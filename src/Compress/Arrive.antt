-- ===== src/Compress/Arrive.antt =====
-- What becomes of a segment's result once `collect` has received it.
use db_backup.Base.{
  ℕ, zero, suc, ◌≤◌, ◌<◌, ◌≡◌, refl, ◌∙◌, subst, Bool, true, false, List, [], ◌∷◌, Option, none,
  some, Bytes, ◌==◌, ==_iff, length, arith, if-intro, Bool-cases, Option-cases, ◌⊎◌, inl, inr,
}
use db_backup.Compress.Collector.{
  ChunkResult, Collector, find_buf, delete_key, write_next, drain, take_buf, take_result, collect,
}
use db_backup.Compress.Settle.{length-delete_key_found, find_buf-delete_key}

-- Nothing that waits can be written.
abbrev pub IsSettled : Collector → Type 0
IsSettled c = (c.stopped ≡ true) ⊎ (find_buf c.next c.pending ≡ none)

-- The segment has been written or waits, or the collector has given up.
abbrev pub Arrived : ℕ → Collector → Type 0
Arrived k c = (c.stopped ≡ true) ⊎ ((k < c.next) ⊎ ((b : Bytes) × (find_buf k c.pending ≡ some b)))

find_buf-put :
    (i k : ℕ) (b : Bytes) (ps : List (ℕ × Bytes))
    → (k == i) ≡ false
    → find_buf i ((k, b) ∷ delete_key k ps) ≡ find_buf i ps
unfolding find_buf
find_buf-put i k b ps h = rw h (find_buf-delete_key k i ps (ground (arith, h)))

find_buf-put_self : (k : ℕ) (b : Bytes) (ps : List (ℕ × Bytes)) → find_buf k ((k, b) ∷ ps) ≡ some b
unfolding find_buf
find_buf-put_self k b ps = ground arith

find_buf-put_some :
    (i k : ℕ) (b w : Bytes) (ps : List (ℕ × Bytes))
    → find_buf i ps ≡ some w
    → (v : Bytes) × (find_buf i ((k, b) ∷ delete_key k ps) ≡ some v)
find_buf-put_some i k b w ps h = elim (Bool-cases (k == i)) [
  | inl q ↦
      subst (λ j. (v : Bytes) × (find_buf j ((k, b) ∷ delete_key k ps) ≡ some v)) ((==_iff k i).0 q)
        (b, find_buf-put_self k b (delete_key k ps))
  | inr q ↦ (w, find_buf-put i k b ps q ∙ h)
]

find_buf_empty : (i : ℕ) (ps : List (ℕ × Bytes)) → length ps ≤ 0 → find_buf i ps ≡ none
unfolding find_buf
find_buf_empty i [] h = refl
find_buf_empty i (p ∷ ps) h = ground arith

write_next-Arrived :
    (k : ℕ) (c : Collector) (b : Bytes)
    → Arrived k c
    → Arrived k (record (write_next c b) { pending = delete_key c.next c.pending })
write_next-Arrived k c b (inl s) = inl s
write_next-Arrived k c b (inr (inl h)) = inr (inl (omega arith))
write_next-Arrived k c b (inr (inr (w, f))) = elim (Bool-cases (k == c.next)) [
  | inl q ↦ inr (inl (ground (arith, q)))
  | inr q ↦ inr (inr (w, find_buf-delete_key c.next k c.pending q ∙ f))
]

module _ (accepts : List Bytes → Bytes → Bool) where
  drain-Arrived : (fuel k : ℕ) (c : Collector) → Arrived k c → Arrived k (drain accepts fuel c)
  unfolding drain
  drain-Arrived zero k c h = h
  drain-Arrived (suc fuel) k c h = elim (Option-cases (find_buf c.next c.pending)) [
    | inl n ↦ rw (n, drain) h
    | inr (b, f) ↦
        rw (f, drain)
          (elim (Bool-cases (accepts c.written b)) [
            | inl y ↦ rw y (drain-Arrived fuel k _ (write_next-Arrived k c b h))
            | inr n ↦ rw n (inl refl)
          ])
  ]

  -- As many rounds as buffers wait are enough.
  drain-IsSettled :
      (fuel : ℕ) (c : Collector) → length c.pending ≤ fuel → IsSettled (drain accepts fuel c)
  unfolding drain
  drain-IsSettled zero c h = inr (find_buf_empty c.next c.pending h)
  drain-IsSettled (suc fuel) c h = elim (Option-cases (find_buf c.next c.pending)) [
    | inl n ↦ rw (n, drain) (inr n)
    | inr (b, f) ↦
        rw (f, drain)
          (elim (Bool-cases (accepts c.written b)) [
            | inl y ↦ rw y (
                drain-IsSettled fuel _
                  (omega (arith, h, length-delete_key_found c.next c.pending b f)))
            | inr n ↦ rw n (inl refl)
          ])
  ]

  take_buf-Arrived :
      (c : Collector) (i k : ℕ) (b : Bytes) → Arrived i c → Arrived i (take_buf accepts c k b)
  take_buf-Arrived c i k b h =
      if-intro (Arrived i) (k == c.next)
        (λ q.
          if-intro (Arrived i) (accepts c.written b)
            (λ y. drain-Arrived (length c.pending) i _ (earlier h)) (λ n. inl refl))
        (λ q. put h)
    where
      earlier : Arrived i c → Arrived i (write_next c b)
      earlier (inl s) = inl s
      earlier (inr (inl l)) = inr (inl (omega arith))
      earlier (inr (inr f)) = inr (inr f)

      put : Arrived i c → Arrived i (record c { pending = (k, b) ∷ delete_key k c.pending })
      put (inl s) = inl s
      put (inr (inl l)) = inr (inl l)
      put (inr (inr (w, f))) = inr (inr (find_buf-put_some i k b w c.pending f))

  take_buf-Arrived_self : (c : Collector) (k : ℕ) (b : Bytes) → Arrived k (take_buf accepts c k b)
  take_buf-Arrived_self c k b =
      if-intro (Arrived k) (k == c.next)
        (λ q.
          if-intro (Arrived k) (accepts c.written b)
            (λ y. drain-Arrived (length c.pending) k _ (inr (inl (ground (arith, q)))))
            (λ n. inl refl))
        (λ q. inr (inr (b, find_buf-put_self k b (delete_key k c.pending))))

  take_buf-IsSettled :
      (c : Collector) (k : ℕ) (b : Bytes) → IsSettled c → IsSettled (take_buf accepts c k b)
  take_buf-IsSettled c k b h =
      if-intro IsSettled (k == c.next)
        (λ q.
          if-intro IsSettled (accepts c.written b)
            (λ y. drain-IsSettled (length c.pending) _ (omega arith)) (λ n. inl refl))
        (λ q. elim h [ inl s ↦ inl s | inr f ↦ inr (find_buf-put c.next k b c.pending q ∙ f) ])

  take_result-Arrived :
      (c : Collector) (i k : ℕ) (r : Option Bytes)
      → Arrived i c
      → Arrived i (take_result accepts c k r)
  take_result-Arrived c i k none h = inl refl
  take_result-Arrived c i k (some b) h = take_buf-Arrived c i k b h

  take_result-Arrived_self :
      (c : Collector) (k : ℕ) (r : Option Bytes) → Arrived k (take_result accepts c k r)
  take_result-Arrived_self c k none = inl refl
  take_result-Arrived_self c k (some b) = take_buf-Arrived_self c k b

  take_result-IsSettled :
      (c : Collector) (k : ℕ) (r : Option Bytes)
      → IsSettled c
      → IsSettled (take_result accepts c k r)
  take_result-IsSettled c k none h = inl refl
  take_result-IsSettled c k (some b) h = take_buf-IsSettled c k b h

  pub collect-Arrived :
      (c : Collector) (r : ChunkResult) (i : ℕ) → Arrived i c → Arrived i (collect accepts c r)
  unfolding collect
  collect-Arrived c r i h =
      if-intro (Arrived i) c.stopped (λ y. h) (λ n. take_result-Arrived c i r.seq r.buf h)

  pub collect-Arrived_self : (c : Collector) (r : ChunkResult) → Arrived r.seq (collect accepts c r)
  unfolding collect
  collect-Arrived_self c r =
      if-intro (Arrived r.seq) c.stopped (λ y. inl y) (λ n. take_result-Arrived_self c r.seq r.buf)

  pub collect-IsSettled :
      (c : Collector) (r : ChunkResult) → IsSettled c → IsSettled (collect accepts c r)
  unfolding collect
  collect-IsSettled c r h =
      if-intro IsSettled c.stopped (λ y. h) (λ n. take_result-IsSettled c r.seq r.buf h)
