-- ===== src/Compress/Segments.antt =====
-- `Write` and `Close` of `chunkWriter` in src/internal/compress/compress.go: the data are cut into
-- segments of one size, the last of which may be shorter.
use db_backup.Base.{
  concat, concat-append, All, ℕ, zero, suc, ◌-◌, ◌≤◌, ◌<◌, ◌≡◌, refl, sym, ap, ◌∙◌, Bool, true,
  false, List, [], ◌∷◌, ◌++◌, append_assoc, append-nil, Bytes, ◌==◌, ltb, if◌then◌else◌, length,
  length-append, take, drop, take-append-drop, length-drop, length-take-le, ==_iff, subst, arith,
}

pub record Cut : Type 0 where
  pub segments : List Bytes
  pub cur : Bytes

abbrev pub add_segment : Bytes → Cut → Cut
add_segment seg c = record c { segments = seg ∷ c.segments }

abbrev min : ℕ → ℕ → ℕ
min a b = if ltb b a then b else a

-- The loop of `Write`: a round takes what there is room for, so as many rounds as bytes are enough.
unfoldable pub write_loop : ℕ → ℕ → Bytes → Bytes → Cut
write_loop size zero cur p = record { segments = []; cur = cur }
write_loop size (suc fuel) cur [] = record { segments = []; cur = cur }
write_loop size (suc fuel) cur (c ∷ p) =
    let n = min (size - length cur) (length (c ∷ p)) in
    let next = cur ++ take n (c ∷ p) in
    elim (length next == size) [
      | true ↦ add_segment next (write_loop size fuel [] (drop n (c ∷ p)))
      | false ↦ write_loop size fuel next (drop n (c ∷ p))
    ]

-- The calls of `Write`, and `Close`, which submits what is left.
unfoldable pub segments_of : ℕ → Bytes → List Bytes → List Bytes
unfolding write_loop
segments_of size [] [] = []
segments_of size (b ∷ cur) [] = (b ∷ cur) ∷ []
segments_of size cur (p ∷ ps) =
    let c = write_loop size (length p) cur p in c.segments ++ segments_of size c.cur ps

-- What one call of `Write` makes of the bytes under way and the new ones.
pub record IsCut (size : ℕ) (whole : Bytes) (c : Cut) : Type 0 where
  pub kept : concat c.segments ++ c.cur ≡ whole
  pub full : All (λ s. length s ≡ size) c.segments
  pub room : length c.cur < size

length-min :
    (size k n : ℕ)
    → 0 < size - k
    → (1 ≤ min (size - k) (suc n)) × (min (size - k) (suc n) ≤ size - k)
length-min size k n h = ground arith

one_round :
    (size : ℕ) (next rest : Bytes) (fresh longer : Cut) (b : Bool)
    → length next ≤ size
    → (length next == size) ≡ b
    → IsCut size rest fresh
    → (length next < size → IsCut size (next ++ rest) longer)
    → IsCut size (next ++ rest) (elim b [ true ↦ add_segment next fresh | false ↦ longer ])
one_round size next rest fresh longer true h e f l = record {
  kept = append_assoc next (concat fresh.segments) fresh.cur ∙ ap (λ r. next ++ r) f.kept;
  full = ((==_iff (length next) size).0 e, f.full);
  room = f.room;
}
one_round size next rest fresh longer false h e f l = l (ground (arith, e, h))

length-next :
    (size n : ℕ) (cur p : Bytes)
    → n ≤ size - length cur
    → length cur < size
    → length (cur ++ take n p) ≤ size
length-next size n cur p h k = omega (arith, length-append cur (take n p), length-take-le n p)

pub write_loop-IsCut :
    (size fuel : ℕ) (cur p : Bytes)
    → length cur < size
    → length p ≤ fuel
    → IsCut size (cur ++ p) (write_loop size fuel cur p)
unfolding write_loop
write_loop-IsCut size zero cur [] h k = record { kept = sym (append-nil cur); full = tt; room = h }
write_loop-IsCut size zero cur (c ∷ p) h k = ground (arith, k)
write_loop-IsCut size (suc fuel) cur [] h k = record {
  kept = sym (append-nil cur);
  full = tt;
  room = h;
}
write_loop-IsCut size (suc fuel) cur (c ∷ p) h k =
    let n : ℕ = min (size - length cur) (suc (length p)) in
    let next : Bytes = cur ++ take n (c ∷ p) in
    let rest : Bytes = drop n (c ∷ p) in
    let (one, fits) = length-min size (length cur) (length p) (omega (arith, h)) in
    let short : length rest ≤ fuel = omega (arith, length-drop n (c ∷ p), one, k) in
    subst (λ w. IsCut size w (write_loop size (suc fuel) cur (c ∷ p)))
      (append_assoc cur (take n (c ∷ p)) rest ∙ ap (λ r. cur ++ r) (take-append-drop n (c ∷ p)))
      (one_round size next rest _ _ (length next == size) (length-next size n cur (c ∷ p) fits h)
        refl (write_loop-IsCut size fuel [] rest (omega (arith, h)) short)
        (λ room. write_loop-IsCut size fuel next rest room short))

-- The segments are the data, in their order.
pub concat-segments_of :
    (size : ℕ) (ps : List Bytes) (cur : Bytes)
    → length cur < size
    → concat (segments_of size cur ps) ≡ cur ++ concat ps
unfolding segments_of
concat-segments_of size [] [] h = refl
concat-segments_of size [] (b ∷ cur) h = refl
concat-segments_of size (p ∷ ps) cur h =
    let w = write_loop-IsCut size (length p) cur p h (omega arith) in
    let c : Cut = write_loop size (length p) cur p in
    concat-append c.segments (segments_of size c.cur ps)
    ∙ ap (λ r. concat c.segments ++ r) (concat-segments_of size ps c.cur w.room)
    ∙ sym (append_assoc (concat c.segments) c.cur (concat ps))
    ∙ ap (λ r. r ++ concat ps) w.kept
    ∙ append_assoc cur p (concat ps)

◇ ◇ ◇

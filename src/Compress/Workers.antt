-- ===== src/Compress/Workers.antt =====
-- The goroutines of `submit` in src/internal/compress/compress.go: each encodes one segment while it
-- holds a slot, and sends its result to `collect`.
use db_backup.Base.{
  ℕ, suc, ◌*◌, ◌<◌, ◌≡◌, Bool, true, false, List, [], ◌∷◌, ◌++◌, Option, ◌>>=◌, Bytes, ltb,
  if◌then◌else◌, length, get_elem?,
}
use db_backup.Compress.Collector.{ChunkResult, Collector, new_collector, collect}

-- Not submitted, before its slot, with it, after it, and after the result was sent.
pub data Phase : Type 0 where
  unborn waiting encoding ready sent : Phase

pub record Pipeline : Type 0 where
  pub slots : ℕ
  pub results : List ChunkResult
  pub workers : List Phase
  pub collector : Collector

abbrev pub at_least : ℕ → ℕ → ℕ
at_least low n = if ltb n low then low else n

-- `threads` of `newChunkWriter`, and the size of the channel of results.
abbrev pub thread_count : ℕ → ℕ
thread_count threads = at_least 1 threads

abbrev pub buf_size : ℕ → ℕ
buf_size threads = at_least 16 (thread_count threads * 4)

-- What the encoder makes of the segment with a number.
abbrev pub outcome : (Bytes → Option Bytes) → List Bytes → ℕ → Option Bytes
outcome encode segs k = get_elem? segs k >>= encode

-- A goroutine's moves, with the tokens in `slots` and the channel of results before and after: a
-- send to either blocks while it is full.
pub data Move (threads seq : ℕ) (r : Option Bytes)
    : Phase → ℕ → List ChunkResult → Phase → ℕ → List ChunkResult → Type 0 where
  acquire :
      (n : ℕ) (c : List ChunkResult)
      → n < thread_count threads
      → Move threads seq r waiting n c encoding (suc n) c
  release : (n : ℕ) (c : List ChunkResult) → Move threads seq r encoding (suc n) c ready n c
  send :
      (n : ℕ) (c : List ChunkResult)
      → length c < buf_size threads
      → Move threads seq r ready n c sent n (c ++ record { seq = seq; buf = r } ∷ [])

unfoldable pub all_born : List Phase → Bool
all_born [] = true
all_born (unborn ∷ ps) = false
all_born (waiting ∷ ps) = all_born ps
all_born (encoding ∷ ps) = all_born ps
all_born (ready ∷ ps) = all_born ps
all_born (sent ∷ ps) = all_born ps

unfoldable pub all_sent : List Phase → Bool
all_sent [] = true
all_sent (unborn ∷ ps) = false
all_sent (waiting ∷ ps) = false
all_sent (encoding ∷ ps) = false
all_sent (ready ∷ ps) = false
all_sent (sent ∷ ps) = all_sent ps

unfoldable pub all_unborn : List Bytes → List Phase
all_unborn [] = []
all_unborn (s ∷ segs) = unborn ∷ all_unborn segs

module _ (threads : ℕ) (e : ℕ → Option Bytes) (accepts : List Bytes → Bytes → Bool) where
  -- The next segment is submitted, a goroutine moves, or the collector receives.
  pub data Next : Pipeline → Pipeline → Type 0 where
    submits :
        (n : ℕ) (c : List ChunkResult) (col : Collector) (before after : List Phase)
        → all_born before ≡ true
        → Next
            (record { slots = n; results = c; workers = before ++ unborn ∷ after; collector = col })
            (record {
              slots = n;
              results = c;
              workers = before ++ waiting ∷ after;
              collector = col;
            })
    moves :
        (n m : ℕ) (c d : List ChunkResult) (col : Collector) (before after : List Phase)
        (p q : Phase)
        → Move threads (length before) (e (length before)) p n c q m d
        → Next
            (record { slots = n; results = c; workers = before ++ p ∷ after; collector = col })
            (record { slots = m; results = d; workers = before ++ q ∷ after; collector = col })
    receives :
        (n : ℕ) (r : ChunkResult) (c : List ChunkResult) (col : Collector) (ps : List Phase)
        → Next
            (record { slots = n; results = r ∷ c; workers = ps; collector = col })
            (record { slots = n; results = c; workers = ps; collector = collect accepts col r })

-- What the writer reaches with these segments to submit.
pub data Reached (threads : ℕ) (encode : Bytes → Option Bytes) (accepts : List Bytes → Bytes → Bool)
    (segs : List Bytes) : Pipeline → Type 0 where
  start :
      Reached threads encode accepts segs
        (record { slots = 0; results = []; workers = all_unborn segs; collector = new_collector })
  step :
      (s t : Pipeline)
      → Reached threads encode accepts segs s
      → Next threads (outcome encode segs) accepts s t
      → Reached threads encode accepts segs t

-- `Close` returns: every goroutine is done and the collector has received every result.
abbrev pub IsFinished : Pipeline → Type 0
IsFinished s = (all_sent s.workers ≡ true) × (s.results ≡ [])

◇ ◇ ◇

EXERCISE REQUIREMENTS - Find the lines above that contain the word "else" and copy each one.

OUTPUT OF THE EXERCISE -
  false, List, [], ◌∷◌, ◌++◌, append_assoc, append-nil, Bytes, ◌==◌, ltb, if◌then◌else◌, length,
min a b = if ltb b a then b else a
  if◌then◌else◌, length, get_elem?,
at_least low n = if ltb n low then low else n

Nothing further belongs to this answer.